Chapter 174,288 wordsPublic domain

The station swiftly enlarged. A poor place it was, Dave remembered: a low log cabin, sod roofed, with rude log stable close behind it, and a pole corral. The station man would be about as rude in appearance: unshaven, well weathered, dressed in slouch hat, rough flannel shirt, red or blue, belted trousers and heavy boots. There he lived, by the roadside, 700 miles into the Indian country, alone amidst the unpeopled, rolling sagy hills through which flowed the North Platte River and extended, unending, the ribbon-like road. Dave could see him standing in front of the buildings, holding the relay horse and peering down the trail for its rider. The stations were required by the company to have the fresh horse saddled and bridled and ready half an hour before the express was due.

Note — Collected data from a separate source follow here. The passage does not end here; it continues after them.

-- ===== src/Buffer/Overflow.antt =====
-- What the unsigned check lets pass.
use game_network.Base.{
  ℕ, zero, suc, ◌+◌, ◌^◌, ◌≤◌, ◌<◌, ◌≡◌, refl, inl, inr, arith, true, List, length, take, drop, leb,
  leb→le, Bool-cases, fault,
}
use game_network.Buffer.{read_bytes, read_loop, read_buffer, has_room}
use game_network.Buffer.Safety.{buffer_at, read_bytes_at}

-- A loop with more rounds than there are bytes of memory leaves the memory, or the output's.
read_loop-fault :
    (left j : ℕ) (out m : List ℕ) (s i : ℕ)
    → i ≤ length m
    → length m < i + left
    → read_loop left j out (buffer_at m s i) ≡ fault
unfolding read_loop
read_loop-fault zero j out m s i p h = absurd (omega arith)
read_loop-fault (suc left) j out m s i p h = elim (Bool-cases (leb (i + 1) (length m))) [
  | inr over ↦ unfold read_bytes in rw over
  | inl fits ↦
      let c = take 1 (drop i m) in
      elim (Bool-cases (leb (j + length c) (length out))) [
        | inr over ↦ rw (read_bytes_at 1 m s i (i + 1) refl (leb→le _ _ fits), over)
        | inl room ↦
            rw (read_bytes_at 1 m s i (i + 1) refl (leb→le _ _ fits), room)
              (read_loop-fault left (j + 1) _ m s (i + 1) (leb→le _ _ fits) (omega arith))
      ]
]

-- `ReadBuffer` asked for so many bytes that the sum with the index wraps to at most the size passes
-- its check and reads outside of the memory, whatever the target has room for.
pub read_buffer_wraps :
    (n : ℕ) (out m : List ℕ) (s i : ℕ)
    → i ≤ s
    → s ≤ length m
    → length m < 2 ^ 31
    → 2 ^ 32 ≤ i + n
    → i + n ≤ s + 2 ^ 32
    → read_buffer out n (buffer_at m s i) ≡ fault
unfolding read_buffer
read_buffer_wraps n out m s i p q r wrap low =
    rw passes (read_loop-fault n 0 out m s i (omega arith) (omega arith))
  where
    passes : has_room n (buffer_at m s i) ≡ true
    passes = ground arith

Dave knew his duty, too. Not slackening pace, he loosened from the fastenings the saddle bags under him. Up at full gallop he dashed, and even before he had pulled his pony to its haunches, he tore the saddle bags from beneath him and tossed them ahead. Then he was off in a twinkling, staggering as he landed.

“Quick!” he gasped, out of parched throat.

The station man had stared, but he grabbed the saddle bags.

“Who are you? Where’s Tom?”

“Hurt. Coming on stage.”

The saddle bags were clapped on the other saddle. Dave grasped the bridle lines.

“Bad?”

“Leg broken.” And Davy, thrusting foot into stirrup, vaulted aboard almost over the station man’s head.

One last twitch to the saddle bags.

“What’s the news?”

“Lincoln’s elected. New York gives him fifty thousand majority.” And away sprang Dave, headlong on the next leg of his route.

Thudding through the sand, clattering over the rocks, echoing through short defiles, ever urging his pony, rode Davy. He was resolved to go clear through, to the home station at Red Buttes, over sixty miles. The stations ahead had no means of knowing that an accident had befallen the regular rider; and to mount another substitute, at short notice, would consume valuable time. At Red Buttes Billy Cody would take the saddle bags――and to give them to Billy he must.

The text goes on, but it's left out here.